### Work instruction
Start at the line with "(step-Costs (git_push n)" in the records below, stop at the line with "unfolding open_pr", and return every line in that span exactly, the two end lines included.

————————

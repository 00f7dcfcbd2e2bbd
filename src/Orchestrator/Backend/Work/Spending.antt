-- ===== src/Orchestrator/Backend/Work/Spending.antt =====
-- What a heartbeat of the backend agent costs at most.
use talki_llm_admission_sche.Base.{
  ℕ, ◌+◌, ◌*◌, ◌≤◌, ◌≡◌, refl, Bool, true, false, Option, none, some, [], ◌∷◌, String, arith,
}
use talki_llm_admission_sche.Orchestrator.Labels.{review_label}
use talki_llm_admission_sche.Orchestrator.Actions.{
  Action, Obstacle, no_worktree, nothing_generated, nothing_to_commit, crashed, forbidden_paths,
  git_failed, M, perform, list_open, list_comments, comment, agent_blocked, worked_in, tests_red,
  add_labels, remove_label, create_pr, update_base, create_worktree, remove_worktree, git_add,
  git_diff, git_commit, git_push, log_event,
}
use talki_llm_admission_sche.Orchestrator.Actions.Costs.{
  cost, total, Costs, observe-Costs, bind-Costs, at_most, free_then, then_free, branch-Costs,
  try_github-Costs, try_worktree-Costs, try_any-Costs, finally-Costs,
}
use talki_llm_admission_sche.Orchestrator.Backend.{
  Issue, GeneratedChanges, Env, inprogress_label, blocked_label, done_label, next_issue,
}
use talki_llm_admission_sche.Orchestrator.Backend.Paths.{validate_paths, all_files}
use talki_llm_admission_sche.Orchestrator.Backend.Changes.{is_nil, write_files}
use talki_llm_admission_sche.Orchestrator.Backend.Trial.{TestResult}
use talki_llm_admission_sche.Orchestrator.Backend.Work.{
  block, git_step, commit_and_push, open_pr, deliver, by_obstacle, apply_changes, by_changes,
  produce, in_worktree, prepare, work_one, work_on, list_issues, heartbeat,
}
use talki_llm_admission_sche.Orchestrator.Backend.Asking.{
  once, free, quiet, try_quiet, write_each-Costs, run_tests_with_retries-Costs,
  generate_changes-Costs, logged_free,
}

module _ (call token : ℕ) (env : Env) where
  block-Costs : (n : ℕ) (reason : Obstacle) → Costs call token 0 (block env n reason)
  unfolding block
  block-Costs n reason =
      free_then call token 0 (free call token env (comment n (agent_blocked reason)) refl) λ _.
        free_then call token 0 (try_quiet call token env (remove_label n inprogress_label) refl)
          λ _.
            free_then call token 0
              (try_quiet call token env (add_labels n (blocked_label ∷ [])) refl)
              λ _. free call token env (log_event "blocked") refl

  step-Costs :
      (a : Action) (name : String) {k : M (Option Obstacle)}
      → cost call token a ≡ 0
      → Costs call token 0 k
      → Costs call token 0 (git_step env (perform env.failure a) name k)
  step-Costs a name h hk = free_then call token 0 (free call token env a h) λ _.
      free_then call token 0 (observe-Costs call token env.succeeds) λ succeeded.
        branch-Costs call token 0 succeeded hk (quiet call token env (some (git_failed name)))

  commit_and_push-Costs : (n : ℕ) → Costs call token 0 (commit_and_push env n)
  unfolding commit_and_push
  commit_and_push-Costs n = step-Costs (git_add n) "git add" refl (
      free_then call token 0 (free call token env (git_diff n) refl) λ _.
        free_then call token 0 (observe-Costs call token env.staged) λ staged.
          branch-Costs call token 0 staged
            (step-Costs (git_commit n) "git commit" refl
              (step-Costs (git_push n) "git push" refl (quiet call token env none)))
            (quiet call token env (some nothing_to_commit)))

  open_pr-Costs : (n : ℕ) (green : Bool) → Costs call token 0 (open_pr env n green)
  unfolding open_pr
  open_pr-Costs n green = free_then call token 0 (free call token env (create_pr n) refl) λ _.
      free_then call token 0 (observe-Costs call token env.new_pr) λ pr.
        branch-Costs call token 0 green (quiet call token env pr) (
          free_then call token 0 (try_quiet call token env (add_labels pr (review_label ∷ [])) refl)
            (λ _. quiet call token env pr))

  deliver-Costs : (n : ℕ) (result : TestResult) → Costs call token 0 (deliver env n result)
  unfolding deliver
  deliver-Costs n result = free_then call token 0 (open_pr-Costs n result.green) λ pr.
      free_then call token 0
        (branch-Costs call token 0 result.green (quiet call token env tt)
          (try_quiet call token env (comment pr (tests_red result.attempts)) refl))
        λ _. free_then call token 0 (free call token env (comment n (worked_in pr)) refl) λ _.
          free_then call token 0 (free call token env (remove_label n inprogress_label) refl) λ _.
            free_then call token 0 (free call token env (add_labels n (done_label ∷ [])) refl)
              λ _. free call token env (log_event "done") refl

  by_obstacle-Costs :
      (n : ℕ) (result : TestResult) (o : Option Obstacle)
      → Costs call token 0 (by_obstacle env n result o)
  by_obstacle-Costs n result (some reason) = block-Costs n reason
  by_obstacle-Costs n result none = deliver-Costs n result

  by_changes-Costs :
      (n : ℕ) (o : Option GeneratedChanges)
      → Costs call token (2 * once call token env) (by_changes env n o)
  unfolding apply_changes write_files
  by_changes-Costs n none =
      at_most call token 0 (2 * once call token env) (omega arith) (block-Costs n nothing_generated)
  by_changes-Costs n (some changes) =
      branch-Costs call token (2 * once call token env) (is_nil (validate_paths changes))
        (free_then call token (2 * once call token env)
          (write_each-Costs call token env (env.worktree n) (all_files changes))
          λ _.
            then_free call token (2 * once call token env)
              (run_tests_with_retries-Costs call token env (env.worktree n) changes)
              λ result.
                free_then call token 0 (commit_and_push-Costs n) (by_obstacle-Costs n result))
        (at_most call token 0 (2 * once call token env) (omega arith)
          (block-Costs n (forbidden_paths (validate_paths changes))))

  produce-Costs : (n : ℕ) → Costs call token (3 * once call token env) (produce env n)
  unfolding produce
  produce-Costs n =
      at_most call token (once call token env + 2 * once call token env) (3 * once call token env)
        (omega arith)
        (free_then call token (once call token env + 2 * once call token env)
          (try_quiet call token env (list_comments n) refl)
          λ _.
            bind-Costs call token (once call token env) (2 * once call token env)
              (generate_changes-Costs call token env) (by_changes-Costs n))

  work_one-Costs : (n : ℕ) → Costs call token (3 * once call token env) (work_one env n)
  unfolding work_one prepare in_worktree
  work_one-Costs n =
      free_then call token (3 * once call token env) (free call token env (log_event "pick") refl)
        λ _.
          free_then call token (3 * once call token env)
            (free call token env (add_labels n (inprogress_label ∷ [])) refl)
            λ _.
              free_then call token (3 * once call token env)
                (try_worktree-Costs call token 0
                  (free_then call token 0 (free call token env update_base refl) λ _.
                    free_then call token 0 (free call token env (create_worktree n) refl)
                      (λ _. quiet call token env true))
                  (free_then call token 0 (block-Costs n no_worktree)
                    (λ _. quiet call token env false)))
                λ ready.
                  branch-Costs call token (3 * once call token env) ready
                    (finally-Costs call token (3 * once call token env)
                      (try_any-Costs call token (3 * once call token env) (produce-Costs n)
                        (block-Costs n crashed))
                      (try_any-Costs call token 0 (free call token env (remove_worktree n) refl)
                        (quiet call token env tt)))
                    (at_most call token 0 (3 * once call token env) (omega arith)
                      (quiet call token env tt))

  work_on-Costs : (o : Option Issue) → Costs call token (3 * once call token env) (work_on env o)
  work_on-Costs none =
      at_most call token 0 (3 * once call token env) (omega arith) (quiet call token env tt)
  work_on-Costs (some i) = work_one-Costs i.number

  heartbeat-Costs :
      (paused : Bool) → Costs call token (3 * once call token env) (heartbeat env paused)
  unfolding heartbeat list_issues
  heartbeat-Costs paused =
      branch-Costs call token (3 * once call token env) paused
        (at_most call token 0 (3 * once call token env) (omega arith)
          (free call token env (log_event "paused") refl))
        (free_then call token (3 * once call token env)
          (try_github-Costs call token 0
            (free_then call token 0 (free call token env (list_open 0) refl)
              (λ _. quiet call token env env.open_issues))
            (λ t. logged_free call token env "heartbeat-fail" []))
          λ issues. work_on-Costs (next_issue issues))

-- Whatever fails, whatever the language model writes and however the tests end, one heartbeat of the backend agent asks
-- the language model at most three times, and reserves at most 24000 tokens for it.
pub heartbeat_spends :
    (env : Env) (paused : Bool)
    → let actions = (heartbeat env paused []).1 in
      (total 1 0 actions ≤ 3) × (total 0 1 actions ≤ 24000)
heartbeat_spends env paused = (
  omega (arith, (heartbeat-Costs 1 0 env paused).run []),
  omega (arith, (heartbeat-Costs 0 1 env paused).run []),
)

————————

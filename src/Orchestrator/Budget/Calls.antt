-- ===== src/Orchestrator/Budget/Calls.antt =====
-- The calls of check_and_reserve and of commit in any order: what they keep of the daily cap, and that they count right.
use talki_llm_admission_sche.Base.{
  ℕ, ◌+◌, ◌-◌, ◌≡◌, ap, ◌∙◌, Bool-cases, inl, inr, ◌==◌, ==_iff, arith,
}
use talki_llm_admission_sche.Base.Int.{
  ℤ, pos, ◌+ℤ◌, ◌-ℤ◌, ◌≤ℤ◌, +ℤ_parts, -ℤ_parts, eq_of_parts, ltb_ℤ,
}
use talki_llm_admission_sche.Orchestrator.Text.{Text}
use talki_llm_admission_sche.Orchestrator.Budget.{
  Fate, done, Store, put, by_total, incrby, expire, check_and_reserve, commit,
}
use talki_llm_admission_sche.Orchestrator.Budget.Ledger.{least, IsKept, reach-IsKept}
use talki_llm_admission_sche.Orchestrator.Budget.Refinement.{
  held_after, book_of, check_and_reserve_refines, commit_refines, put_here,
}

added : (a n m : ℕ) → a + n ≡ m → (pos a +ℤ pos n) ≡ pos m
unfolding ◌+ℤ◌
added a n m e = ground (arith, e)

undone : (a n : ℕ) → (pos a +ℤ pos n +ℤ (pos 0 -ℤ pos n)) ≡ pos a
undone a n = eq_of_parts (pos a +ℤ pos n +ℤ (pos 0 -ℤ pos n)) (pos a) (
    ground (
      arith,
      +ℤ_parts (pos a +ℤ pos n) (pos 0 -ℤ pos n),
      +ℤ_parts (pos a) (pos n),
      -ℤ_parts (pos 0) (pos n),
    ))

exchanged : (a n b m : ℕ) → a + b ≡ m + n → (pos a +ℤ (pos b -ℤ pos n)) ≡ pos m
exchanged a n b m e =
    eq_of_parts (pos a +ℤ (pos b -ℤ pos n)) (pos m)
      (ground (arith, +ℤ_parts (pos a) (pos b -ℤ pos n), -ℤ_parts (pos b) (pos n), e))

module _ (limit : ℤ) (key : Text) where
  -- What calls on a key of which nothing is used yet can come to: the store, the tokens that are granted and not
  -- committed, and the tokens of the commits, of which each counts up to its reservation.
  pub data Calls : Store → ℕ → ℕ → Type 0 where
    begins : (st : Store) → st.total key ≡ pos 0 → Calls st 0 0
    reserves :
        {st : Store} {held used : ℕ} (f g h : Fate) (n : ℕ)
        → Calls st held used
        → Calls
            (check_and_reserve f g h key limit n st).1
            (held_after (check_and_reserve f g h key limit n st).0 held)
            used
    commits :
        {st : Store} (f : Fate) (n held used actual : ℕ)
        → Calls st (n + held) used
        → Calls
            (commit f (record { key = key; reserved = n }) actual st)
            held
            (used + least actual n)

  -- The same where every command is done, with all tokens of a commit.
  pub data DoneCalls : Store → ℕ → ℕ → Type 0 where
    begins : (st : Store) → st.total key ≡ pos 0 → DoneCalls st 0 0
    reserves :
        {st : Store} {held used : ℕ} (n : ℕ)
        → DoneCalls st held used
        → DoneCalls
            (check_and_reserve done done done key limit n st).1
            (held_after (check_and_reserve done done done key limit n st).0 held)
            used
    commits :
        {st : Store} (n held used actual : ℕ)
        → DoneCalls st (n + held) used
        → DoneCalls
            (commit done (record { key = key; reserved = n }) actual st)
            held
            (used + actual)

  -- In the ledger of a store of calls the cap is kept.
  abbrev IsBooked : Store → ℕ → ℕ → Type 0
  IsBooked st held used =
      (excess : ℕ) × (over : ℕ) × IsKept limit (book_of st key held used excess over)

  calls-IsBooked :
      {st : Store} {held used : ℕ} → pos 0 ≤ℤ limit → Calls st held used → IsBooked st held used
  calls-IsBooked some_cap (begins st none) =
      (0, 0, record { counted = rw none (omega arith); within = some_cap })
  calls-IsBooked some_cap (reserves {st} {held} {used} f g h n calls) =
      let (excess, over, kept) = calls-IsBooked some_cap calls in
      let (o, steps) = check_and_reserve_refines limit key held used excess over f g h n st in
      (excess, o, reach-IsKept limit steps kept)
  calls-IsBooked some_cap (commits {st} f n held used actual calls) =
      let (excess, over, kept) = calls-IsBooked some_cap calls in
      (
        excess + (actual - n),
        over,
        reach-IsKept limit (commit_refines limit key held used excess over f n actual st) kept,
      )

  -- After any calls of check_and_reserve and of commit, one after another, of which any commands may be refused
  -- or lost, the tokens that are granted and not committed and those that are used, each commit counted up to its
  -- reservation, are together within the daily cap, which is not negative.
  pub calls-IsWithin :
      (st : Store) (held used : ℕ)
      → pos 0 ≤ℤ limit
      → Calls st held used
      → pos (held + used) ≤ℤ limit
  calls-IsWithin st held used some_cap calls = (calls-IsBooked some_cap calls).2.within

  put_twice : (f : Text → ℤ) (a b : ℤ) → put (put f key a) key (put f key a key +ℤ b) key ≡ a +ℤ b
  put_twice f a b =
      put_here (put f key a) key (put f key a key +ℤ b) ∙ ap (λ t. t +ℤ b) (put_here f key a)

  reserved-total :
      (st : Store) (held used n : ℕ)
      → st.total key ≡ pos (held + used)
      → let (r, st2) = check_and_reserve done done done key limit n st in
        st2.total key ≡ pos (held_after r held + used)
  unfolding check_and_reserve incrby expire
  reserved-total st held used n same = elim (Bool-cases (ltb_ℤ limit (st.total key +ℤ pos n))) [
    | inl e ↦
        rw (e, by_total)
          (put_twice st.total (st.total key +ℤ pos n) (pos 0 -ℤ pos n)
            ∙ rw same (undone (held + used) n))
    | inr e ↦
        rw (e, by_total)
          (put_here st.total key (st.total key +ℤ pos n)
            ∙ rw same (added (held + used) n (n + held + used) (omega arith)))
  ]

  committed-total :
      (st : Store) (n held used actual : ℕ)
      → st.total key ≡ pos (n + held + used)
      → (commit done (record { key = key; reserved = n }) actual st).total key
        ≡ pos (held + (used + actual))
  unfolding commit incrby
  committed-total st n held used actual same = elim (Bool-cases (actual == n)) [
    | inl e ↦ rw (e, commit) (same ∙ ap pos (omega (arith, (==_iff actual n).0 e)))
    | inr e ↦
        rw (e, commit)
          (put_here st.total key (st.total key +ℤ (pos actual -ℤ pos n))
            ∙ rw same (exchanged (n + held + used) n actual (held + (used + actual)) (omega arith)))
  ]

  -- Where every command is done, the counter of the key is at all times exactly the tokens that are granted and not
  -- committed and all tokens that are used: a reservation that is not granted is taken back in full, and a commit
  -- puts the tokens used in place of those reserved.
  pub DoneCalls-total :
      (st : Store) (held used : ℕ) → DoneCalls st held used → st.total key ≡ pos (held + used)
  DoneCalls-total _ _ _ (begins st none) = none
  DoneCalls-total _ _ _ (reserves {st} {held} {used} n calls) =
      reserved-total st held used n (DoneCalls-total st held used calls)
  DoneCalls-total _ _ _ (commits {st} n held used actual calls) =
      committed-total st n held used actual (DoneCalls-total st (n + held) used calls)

————————

### Solution for this exercise
              (step-Costs (git_push n) "git push" refl (quiet call token env none)))
            (quiet call token env (some nothing_to_commit)))

  open_pr-Costs : (n : ℕ) (green : Bool) → Costs call token 0 (open_pr env n green)
  unfolding open_pr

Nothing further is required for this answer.